TASK DIRECTIONS -
Using the material below, print the line that contains "Every P [] = Unit", the line that contains "get-Every P k [] f h e = cc", and every line in between, exactly and nothing else.

STORED DATA -
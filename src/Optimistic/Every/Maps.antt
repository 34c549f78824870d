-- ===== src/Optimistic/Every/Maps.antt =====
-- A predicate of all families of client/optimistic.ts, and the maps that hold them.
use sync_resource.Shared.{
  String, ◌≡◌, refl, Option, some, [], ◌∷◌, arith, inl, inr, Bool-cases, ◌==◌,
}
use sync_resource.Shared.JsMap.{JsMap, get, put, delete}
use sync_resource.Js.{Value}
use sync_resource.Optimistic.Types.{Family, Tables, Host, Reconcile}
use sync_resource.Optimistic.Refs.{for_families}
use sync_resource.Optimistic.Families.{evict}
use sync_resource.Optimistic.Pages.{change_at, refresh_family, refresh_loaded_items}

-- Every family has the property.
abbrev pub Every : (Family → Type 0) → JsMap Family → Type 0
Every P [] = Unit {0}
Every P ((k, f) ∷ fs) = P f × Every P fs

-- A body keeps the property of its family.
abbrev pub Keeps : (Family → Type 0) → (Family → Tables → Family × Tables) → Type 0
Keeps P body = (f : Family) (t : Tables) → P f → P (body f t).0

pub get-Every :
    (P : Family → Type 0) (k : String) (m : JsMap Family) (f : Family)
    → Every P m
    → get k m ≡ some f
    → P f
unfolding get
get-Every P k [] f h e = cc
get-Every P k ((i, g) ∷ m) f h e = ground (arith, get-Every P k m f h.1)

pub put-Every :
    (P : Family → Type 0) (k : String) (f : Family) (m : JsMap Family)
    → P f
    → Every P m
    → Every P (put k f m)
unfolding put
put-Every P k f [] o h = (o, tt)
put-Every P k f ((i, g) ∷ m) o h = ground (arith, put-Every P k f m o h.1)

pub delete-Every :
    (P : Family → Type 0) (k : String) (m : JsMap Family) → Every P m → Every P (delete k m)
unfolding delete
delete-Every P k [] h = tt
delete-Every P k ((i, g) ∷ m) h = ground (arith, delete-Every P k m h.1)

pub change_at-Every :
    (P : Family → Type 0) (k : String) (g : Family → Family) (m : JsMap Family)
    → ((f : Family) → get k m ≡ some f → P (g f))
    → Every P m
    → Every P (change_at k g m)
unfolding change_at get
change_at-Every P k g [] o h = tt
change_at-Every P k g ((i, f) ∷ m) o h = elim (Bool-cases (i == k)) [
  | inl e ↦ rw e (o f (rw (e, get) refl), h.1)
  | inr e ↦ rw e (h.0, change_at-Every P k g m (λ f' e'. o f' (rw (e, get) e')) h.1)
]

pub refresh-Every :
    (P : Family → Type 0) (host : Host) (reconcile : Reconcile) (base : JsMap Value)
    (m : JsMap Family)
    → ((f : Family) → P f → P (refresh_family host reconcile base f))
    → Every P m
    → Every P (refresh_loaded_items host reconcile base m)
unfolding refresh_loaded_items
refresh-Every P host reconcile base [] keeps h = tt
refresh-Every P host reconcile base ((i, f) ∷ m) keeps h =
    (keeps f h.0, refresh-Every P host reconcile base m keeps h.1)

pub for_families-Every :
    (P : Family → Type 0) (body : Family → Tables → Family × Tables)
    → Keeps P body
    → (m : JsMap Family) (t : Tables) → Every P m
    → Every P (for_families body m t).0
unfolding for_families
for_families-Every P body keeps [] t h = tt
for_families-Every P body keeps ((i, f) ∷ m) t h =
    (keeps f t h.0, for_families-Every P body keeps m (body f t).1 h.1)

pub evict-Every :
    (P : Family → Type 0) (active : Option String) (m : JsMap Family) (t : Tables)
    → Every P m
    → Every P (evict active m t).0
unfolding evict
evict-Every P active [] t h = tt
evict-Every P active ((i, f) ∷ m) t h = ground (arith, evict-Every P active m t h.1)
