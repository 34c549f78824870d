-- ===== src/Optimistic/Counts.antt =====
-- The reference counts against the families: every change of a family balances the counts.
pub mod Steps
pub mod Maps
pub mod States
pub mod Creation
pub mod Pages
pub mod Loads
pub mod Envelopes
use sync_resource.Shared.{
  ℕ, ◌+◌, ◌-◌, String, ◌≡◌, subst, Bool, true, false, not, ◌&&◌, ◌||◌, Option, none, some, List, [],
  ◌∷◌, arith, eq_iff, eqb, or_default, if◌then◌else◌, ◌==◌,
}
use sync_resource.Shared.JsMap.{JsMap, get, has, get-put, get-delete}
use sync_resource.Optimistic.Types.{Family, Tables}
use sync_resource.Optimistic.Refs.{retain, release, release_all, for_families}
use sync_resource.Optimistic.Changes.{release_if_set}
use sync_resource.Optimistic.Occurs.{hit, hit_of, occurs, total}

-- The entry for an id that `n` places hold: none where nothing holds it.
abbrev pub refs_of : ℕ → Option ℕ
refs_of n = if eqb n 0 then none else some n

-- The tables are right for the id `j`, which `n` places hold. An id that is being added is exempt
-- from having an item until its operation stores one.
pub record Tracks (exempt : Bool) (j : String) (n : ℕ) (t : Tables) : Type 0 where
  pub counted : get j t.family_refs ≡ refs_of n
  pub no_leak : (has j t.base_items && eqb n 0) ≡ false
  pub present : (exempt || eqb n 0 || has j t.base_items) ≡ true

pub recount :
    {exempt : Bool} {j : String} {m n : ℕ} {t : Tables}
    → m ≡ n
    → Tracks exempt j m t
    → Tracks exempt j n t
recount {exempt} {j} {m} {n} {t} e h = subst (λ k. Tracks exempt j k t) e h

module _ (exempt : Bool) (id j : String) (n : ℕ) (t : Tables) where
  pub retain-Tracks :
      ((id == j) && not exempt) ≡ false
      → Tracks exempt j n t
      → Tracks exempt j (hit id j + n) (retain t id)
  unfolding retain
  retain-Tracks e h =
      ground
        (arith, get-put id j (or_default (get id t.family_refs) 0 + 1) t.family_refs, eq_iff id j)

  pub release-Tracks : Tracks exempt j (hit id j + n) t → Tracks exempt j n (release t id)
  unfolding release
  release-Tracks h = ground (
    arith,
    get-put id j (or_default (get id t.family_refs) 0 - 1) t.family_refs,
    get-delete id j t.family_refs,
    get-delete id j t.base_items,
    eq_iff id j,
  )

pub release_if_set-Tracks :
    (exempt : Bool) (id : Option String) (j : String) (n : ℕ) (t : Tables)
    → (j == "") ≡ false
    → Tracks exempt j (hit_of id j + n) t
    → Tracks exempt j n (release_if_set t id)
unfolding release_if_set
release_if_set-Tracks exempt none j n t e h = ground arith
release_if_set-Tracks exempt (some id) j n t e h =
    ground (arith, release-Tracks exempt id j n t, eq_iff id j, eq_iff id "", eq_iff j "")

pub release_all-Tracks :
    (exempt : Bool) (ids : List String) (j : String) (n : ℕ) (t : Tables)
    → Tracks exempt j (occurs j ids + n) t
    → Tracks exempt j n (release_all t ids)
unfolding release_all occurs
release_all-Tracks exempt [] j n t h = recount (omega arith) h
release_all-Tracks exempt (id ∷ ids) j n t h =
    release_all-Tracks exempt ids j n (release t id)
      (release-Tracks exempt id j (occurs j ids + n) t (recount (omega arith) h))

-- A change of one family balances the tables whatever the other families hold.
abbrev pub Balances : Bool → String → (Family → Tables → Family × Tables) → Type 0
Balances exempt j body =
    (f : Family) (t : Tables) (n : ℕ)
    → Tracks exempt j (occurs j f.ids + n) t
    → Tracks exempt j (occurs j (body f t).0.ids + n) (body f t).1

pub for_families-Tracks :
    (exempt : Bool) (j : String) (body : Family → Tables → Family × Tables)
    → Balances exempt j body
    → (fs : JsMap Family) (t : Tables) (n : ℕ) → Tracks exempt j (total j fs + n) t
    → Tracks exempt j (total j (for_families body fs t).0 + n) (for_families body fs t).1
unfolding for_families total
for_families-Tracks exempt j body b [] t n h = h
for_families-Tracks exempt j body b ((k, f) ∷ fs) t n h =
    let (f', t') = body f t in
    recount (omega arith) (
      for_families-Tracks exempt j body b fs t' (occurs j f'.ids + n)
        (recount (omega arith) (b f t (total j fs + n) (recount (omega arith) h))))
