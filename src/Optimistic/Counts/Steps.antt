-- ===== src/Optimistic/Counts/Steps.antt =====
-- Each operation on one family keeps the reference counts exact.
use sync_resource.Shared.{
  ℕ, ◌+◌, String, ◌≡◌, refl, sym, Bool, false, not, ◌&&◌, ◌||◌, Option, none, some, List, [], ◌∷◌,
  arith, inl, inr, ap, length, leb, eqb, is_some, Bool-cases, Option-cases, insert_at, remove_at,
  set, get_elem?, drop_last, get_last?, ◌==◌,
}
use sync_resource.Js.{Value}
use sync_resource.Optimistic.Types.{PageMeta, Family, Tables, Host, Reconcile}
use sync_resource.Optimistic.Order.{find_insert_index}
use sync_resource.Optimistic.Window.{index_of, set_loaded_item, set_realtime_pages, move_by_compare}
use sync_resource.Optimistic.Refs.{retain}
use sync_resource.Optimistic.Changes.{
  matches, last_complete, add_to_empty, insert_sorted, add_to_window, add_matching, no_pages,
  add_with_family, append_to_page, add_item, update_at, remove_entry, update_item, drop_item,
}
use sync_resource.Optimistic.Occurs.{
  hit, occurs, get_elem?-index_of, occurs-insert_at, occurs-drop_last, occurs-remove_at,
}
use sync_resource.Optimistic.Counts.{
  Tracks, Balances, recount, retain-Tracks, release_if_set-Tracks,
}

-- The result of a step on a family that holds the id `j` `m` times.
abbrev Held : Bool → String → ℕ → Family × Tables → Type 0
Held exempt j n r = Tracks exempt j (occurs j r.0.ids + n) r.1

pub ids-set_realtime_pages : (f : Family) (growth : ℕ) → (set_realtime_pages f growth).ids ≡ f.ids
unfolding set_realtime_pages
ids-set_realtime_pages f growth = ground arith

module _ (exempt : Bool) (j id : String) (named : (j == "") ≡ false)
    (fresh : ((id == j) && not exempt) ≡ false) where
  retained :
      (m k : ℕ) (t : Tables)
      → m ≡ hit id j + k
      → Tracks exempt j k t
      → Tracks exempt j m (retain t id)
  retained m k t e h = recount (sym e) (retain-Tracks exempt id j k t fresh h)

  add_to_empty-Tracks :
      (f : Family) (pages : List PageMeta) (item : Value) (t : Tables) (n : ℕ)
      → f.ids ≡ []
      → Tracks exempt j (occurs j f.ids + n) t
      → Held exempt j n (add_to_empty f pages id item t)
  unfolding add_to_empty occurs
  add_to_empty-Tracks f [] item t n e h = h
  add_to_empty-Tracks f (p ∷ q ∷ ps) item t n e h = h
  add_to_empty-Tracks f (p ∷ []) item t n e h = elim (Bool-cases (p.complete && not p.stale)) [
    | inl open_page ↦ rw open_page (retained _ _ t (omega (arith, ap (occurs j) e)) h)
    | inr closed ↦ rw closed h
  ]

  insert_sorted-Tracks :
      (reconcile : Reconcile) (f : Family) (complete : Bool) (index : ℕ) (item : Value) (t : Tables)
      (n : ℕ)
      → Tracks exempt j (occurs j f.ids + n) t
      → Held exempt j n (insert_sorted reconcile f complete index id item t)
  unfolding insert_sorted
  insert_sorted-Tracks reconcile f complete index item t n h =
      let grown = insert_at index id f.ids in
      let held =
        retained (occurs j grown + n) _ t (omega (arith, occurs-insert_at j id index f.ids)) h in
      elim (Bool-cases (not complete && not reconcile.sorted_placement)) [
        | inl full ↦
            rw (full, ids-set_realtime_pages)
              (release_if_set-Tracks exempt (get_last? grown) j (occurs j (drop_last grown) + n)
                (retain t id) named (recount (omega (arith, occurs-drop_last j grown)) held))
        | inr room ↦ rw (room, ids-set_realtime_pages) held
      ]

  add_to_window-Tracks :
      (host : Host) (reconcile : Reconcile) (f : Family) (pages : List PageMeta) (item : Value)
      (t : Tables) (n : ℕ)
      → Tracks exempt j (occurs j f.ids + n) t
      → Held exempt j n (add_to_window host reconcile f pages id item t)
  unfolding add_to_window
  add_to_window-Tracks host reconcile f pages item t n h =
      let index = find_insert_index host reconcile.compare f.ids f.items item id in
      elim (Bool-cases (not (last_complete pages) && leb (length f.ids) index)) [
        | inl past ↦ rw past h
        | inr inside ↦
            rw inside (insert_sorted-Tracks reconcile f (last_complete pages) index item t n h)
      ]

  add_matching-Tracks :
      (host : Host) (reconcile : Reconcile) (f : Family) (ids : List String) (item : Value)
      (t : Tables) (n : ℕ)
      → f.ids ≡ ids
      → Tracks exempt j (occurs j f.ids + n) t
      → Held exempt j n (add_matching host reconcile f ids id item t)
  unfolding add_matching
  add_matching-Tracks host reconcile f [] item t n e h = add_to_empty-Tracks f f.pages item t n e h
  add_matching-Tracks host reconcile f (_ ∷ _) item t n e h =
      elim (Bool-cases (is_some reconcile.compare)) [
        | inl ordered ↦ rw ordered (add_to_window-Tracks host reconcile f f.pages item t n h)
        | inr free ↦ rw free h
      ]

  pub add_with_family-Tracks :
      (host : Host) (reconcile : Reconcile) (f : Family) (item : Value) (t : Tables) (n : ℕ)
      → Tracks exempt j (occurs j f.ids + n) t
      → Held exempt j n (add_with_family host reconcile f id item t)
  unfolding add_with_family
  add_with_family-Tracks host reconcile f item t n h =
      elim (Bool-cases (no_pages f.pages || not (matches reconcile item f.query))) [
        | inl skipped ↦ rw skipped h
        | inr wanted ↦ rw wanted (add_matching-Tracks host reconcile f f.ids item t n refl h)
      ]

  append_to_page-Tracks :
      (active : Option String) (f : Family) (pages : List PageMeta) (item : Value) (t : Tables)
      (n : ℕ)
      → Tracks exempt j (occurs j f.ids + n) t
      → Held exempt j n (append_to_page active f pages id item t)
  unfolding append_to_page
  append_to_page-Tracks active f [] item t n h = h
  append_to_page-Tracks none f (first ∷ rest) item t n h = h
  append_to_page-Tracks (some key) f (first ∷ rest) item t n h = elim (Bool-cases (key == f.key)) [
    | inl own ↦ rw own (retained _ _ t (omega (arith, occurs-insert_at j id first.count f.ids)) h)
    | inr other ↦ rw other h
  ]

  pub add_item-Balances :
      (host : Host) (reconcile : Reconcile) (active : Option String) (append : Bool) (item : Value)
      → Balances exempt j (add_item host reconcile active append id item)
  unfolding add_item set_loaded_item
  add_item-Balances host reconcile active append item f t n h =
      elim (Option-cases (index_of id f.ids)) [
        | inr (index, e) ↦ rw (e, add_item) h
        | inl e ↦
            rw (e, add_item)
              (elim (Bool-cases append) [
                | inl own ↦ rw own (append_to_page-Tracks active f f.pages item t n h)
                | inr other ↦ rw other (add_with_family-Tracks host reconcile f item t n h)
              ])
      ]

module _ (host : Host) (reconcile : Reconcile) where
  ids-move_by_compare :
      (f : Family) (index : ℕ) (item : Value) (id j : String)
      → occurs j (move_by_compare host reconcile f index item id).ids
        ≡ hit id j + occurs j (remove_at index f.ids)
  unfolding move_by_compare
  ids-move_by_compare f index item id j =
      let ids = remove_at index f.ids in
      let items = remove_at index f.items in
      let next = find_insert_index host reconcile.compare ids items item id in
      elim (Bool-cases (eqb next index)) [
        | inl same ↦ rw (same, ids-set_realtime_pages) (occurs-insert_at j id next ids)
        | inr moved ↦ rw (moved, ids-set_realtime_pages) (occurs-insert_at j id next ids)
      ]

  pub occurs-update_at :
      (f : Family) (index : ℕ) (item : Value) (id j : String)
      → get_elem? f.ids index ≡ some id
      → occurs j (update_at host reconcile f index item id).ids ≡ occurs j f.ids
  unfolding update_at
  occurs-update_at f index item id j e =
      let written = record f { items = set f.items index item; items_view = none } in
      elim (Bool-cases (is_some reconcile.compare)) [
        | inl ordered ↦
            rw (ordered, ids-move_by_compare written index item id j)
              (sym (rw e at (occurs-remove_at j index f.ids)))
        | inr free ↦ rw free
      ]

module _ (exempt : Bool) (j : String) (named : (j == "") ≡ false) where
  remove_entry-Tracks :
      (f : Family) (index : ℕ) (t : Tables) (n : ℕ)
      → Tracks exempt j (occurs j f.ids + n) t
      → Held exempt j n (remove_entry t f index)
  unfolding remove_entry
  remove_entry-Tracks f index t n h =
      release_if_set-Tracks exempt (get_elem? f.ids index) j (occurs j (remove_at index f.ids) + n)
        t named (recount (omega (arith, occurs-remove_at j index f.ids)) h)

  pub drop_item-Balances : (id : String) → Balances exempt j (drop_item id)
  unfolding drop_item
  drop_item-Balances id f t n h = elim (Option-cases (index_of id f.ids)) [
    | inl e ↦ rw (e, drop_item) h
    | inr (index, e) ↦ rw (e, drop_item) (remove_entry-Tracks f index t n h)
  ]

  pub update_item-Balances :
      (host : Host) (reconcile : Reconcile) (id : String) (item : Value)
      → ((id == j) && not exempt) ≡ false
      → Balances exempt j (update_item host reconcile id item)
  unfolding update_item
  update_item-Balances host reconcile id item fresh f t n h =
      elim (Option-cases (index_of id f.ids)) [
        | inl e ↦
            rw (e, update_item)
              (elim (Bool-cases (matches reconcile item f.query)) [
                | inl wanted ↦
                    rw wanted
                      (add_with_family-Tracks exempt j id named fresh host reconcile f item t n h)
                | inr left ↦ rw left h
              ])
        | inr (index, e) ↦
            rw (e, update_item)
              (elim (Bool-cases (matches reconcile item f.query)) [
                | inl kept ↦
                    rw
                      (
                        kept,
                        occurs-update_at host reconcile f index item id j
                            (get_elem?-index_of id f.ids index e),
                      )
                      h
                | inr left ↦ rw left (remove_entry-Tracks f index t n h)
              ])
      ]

EXERCISE RESPONSE -
Every P [] = Unit {0}
Every P ((k, f) ∷ fs) = P f × Every P fs

-- A body keeps the property of its family.
abbrev pub Keeps : (Family → Type 0) → (Family → Tables → Family × Tables) → Type 0
Keeps P body = (f : Family) (t : Tables) → P f → P (body f t).0

pub get-Every :
    (P : Family → Type 0) (k : String) (m : JsMap Family) (f : Family)
    → Every P m
    → get k m ≡ some f
    → P f
unfolding get
get-Every P k [] f h e = cc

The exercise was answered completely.